GST is a destination based tax, meaning there is only one point of taxation (point of supply). It has a big impact on the real estate sector, namely on the buyer, seller, developer, intermediary, financier and investor. The mainimpact it has on the real estate sector is that it eliminates the conflicting and cascading taxation structures which was present before. Apart from that there is seamless flow of credit and statutory forms are eliminated. However the effect of GST will be seen only after 2-3 years of its implementation.
Initially, different aspects of one single activity was taxed by different laws. Hence there was lot of confusion regarding treatment and taxability. GST aims to put an end to the uncertainity for the legislature.
GST charges all under-construction properties by a pure developer at 12% of the property value. All works contract services are charged at 18%.
The building, construction, fabrication, erection, installation, etc., on immovable property only is called works contract. A supply comprising two or more goods or service, naturally bundled and supplied with each other in the ordinary course of the business is called composite supply. For example, a fitted a/c. A mixed supply means two or more individual supplies of goods or services or any combination made by a taxable person for a single price. For example, an assortment of dry fruits and chocolates.
The due date for paying taxes is date of due or date of actual payment whichever is earlier. Even if the payment has not been received for more than 3 months, It is assumed that services are continuously being provided. Whether demand notes are raised by the builder or not, or the payment made by the customer or not, tax has to be paid.
It is important that the receipt should be linked with the invoice. Credit can be claimed only in an invoice. Credit is available based on whether payment is made or not. GST should also be paid on additional consideration (interest or penal charges) collected from the customer. Even the person who acquired services must pay GST.
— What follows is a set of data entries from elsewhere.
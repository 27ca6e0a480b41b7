-- ===== src/AnyWait/First.antt =====
-- Which handler `goAnyWait` returns.
use replob_prototype.Prelude.{
  ℕ, ◌+◌, ◌^◌, ◌<◌, ◌≡◌, ◌≢◌, ◌==◌, Bool, Bool-cases, true, false, none, some, List, [], ◌∷◌, ◌++◌,
  length, length-append, ◌⊎◌, inl, inr, refl, arith, ◌∙◌, sym, update,
}
use replob_prototype.AnyWait.{
  AnyWait, begun, count_up, proceed, throw, Step, counts, proceeds, throws, Reach, here, next,
}

-- What the caller has been told, when these handlers have ended without an exception
abbrev pub IsTold : ℕ → AnyWait → List ℕ → Type 0
IsTold n s [] = (s.winner ≡ none) × (s.proceeds ≡ 0)
IsTold n s (i ∷ rest) =
    (i < n)
    × (((s.winner ≡ some i) × (s.proceeds ≡ 0))
        ⊎ ((s.winner ≡ none) × (s.proceeds ≡ 1) × (s.index ≡ i)))

abbrev Fits : ℕ → AnyWait → Type 0
Fits n s =
    (s.counter ≡ length s.finished) × ((i : ℕ) → s.running i ≡ true → i < n) × IsTold n s s.finished

IsTold-count_up :
    (n i : ℕ) (s : AnyWait) (fs : List ℕ)
    → s.counter ≡ length fs
    → length fs + 1 < 2 ^ 31
    → i < n
    → IsTold n s fs
    → IsTold n (count_up i s) (fs ++ i ∷ [])
unfolding count_up
IsTold-count_up n i s [] c l b t = (b, inl (ground (arith, c), t.1))
IsTold-count_up n i s (f ∷ fs) c l b t =
    let keeps : (count_up i s).winner ≡ s.winner = ground (arith, c, l) in
    (t.0, elim t.1 [ inl (w, p) ↦ inl (keeps ∙ w, p) | inr (w, p, e) ↦ inr (keeps ∙ w, p, e) ])

still-running :
    (n i : ℕ) (f : ℕ → Bool)
    → ((j : ℕ) → f j ≡ true → j < n)
    → (j : ℕ) → update f i false j ≡ true
    → j < n
still-running n i f h j e = elim (Bool-cases (i == j)) [
  | inl q ↦ ground (arith, e, q)
  | inr q ↦ h j (ground (arith, e, q))
]

none-some : (i : ℕ) → none ≢ some i
none-some i h = cc

some-injective : {i j : ℕ} → some i ≡ some j → i ≡ j
some-injective h = cc

IsTold-proceed :
    (n i : ℕ) (s : AnyWait) (fs : List ℕ)
    → s.winner ≡ some i
    → IsTold n s fs
    → IsTold n (proceed i s) fs
unfolding proceed
IsTold-proceed n i s [] w t = absurd (none-some i (sym t.0 ∙ w))
IsTold-proceed n i s (f ∷ fs) w t = (
  t.0,
  elim t.1 [
    | inl (v, p) ↦ inr (refl, omega (arith, p), some-injective (sym w ∙ v))
    | inr (v, p, e) ↦ absurd (none-some i (sym v ∙ w))
  ],
)

Fits-Step : {n : ℕ} {s t : AnyWait} → Step s t → Fits n s → Fits n t
unfolding count_up proceed throw
Fits-Step {n} {s} (counts i r l) f = (
  omega (arith, f.0, l, length-append s.finished (i ∷ [])),
  still-running n i s.running f.1,
  IsTold-count_up n i s s.finished f.0 l (f.1 i r) f.2,
)
Fits-Step {n} {s} (proceeds i w) f = (f.0, f.1, IsTold-proceed n i s s.finished w f.2)
Fits-Step {n} {s} (throws i r) f = (f.0, still-running n i s.running f.1, f.2)

Reach-Fits : {n : ℕ} {s : AnyWait} → Reach n s → Fits n s
unfolding begun
Reach-Fits here = (refl, λ i e. ground (arith, e), (refl, refl))
Reach-Fits (next r p) = Fits-Step p (Reach-Fits r)

-- Among any interleaving of the journeys, the caller goes on at most once and then with the index of the first
-- handler that ended without an exception; while there is none, it does not go on, and once there is one, it
-- has gone on or that handler's journey is about to let it.
pub any_wait_lem : {n : ℕ} {s : AnyWait} → Reach n s → IsTold n s s.finished
any_wait_lem r = (Reach-Fits r).2
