-- ===== src/AnyWait/Examples.antt =====
-- Tests of two handlers, and the theorem there.
use replob_prototype.Prelude.{◌≡◌, refl, arith, [], ◌∷◌}
use replob_prototype.AnyWait.{
  AnyWait, begun, count_up, proceed, throw, Reach, counts, proceeds, throws, here, next,
}
use replob_prototype.AnyWait.First.{IsTold, any_wait_lem}

-- Of three handlers the first throws, the third is the first to end, and the second ends before the caller
-- is told.
abbrev told : AnyWait
told = proceed 2 (count_up 1 (count_up 2 (throw 0 (begun 3))))

told_third : (told.index ≡ 2) × (told.proceeds ≡ 1) × (told.finished ≡ 2 ∷ 1 ∷ [])
unfolding begun count_up proceed throw
told_third = (refl, refl, refl)

-- Where every handler throws, nothing lets the caller go on.
never_told : (throw 1 (throw 0 (begun 2))).proceeds ≡ 0
unfolding begun throw
never_told = refl

told-Reach : Reach 3 told
unfolding begun count_up proceed throw
told-Reach =
    next
      (next (next (next here (throws 0 refl)) (counts 2 refl (omega arith)))
        (counts 1 refl (omega arith)))
      (proceeds 2 refl)

any_wait_lem_example : IsTold 3 told told.finished
any_wait_lem_example = any_wait_lem told-Reach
Registration is the most important point to note here. Once registered, a person cannot surrender it before a year. After one year, it can be surrendered.
If Bangalore is the place of order for works contract and Chennai is the place of work, should a client register with the state of Tamilnadu is the question that crops up. In these kinds of cases, IGST registration should be taken and the client is charged with IGST. We should not get carried away by location of person and location of supply. To identify where tax should be paid, go by the order:
If in another state If IGST is not applicable If CGST is not applicable
There is no GST chargeable in the case of sale of land, sale of commercial complex after first occupation, receipt of full consideration after occupation, sale of incomplete structures, movement of vehicles from one state to another and in the construction of independent house.In the case of plotted development, the sale of land is not liable to GST.
If there was an advance given on or before 30th June and the tax has already been paid, the person will get credit and then afterwards he will have to pay GST.
There is no doubt that the implementation of GST has a positive effect on the real estate sector, not to mention the simplicity of the taxation procedures and the increased transparency.